• **ASSIGNMENT**: Output the data once more, exactly as given.

• **GIVEN RECORDS**:
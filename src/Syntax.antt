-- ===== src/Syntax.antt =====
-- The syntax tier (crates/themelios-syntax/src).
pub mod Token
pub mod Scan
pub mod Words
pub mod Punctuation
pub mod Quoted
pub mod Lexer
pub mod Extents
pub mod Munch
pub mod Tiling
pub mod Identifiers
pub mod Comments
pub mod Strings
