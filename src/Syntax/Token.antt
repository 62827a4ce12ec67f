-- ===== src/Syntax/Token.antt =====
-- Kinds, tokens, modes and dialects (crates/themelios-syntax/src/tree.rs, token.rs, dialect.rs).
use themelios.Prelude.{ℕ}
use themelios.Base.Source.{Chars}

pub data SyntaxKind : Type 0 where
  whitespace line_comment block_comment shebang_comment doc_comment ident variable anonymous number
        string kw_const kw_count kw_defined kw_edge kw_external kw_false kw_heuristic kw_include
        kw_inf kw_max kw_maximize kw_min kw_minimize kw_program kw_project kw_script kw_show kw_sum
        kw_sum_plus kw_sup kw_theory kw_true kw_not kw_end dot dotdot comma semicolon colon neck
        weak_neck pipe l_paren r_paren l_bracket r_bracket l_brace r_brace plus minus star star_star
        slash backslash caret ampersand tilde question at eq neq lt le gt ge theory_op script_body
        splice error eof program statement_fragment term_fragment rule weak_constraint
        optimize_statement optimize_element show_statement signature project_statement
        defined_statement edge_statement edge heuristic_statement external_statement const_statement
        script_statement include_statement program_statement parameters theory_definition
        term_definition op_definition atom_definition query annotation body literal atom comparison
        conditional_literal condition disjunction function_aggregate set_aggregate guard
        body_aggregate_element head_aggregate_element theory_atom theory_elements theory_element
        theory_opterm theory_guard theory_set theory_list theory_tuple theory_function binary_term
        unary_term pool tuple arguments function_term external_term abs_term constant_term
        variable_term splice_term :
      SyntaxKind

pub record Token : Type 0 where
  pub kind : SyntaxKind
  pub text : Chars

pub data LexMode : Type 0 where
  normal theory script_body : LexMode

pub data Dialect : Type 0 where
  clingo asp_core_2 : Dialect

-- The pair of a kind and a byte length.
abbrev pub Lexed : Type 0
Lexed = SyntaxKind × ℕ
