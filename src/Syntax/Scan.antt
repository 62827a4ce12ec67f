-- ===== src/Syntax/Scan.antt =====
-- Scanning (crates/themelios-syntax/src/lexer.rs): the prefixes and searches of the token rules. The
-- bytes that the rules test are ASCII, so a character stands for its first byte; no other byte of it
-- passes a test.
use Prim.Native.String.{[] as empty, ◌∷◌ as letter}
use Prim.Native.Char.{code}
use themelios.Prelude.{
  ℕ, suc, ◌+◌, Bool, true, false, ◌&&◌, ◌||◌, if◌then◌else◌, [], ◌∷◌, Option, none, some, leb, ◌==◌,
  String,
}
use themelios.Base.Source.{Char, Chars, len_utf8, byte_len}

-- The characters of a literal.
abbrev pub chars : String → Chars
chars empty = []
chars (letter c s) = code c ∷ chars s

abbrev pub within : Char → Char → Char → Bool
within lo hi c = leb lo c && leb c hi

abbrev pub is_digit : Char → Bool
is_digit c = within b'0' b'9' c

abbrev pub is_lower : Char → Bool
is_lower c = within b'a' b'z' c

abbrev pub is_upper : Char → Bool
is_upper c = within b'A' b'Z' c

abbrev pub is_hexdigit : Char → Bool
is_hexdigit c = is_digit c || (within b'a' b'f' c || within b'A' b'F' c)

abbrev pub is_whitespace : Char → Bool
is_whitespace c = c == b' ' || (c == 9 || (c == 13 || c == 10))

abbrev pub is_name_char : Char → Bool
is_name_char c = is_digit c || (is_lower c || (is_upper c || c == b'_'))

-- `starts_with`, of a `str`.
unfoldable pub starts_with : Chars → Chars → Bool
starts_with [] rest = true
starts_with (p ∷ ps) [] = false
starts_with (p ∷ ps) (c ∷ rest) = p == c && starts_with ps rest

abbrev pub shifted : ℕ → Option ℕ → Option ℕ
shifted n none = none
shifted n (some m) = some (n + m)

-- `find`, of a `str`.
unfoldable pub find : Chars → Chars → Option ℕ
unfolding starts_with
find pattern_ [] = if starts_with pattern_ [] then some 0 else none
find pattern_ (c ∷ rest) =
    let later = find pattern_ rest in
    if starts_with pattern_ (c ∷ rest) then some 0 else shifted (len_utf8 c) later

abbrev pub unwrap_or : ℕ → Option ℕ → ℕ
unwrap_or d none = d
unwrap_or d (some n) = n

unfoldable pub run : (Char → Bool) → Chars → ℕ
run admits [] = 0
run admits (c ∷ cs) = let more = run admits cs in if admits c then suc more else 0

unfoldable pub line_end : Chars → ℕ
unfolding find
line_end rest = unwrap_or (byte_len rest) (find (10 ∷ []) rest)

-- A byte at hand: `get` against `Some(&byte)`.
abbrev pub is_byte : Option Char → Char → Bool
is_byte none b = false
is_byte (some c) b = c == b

• **EXERCISE RESPONSE**:
filename src/Syntax.antt
-- ===== src/Syntax.antt =====
-- The syntax tier (crates/themelios-syntax/src).
pub mod Token
pub mod Scan
pub mod Words
pub mod Punctuation
pub mod Quoted
pub mod Lexer
pub mod Extents
pub mod Munch
pub mod Tiling
pub mod Identifiers
pub mod Comments
pub mod Strings
filename src/Syntax/Token.antt
repository 62827a4ce12ec67f
-- ===== src/Syntax/Token.antt =====
-- Kinds, tokens, modes and dialects (crates/themelios-syntax/src/tree.rs, token.rs, dialect.rs).
use themelios.Prelude.{ℕ}
use themelios.Base.Source.{Chars}

pub data SyntaxKind : Type 0 where
  whitespace line_comment block_comment shebang_comment doc_comment ident variable anonymous number
        string kw_const kw_count kw_defined kw_edge kw_external kw_false kw_heuristic kw_include
        kw_inf kw_max kw_maximize kw_min kw_minimize kw_program kw_project kw_script kw_show kw_sum
        kw_sum_plus kw_sup kw_theory kw_true kw_not kw_end dot dotdot comma semicolon colon neck
        weak_neck pipe l_paren r_paren l_bracket r_bracket l_brace r_brace plus minus star star_star
        slash backslash caret ampersand tilde question at eq neq lt le gt ge theory_op script_body
        splice error eof program statement_fragment term_fragment rule weak_constraint
        optimize_statement optimize_element show_statement signature project_statement
        defined_statement edge_statement edge heuristic_statement external_statement const_statement
        script_statement include_statement program_statement parameters theory_definition
        term_definition op_definition atom_definition query annotation body literal atom comparison
        conditional_literal condition disjunction function_aggregate set_aggregate guard
        body_aggregate_element head_aggregate_element theory_atom theory_elements theory_element
        theory_opterm theory_guard theory_set theory_list theory_tuple theory_function binary_term
        unary_term pool tuple arguments function_term external_term abs_term constant_term
        variable_term splice_term :
      SyntaxKind

pub record Token : Type 0 where
  pub kind : SyntaxKind
  pub text : Chars

pub data LexMode : Type 0 where
  normal theory script_body : LexMode

pub data Dialect : Type 0 where
  clingo asp_core_2 : Dialect

-- The pair of a kind and a byte length.
abbrev pub Lexed : Type 0
Lexed = SyntaxKind × ℕ
filename src/Syntax/Scan.antt
repository 62827a4ce12ec67f
-- ===== src/Syntax/Scan.antt =====
-- Scanning (crates/themelios-syntax/src/lexer.rs): the prefixes and searches of the token rules. The
-- bytes that the rules test are ASCII, so a character stands for its first byte; no other byte of it
-- passes a test.
use Prim.Native.String.{[] as empty, ◌∷◌ as letter}
use Prim.Native.Char.{code}
use themelios.Prelude.{
  ℕ, suc, ◌+◌, Bool, true, false, ◌&&◌, ◌||◌, if◌then◌else◌, [], ◌∷◌, Option, none, some, leb, ◌==◌,
  String,
}
use themelios.Base.Source.{Char, Chars, len_utf8, byte_len}

-- The characters of a literal.
abbrev pub chars : String → Chars
chars empty = []
chars (letter c s) = code c ∷ chars s

abbrev pub within : Char → Char → Char → Bool
within lo hi c = leb lo c && leb c hi

abbrev pub is_digit : Char → Bool
is_digit c = within b'0' b'9' c

abbrev pub is_lower : Char → Bool
is_lower c = within b'a' b'z' c

abbrev pub is_upper : Char → Bool
is_upper c = within b'A' b'Z' c

abbrev pub is_hexdigit : Char → Bool
is_hexdigit c = is_digit c || (within b'a' b'f' c || within b'A' b'F' c)

abbrev pub is_whitespace : Char → Bool
is_whitespace c = c == b' ' || (c == 9 || (c == 13 || c == 10))

abbrev pub is_name_char : Char → Bool
is_name_char c = is_digit c || (is_lower c || (is_upper c || c == b'_'))

-- `starts_with`, of a `str`.
unfoldable pub starts_with : Chars → Chars → Bool
starts_with [] rest = true
starts_with (p ∷ ps) [] = false
starts_with (p ∷ ps) (c ∷ rest) = p == c && starts_with ps rest

abbrev pub shifted : ℕ → Option ℕ → Option ℕ
shifted n none = none
shifted n (some m) = some (n + m)

-- `find`, of a `str`.
unfoldable pub find : Chars → Chars → Option ℕ
unfolding starts_with
find pattern_ [] = if starts_with pattern_ [] then some 0 else none
find pattern_ (c ∷ rest) =
    let later = find pattern_ rest in
    if starts_with pattern_ (c ∷ rest) then some 0 else shifted (len_utf8 c) later

abbrev pub unwrap_or : ℕ → Option ℕ → ℕ
unwrap_or d none = d
unwrap_or d (some n) = n

unfoldable pub run : (Char → Bool) → Chars → ℕ
run admits [] = 0
run admits (c ∷ cs) = let more = run admits cs in if admits c then suc more else 0

unfoldable pub line_end : Chars → ℕ
unfolding find
line_end rest = unwrap_or (byte_len rest) (find (10 ∷ []) rest)

-- A byte at hand: `get` against `Some(&byte)`.
abbrev pub is_byte : Option Char → Char → Bool
is_byte none b = false
is_byte (some c) b = c == b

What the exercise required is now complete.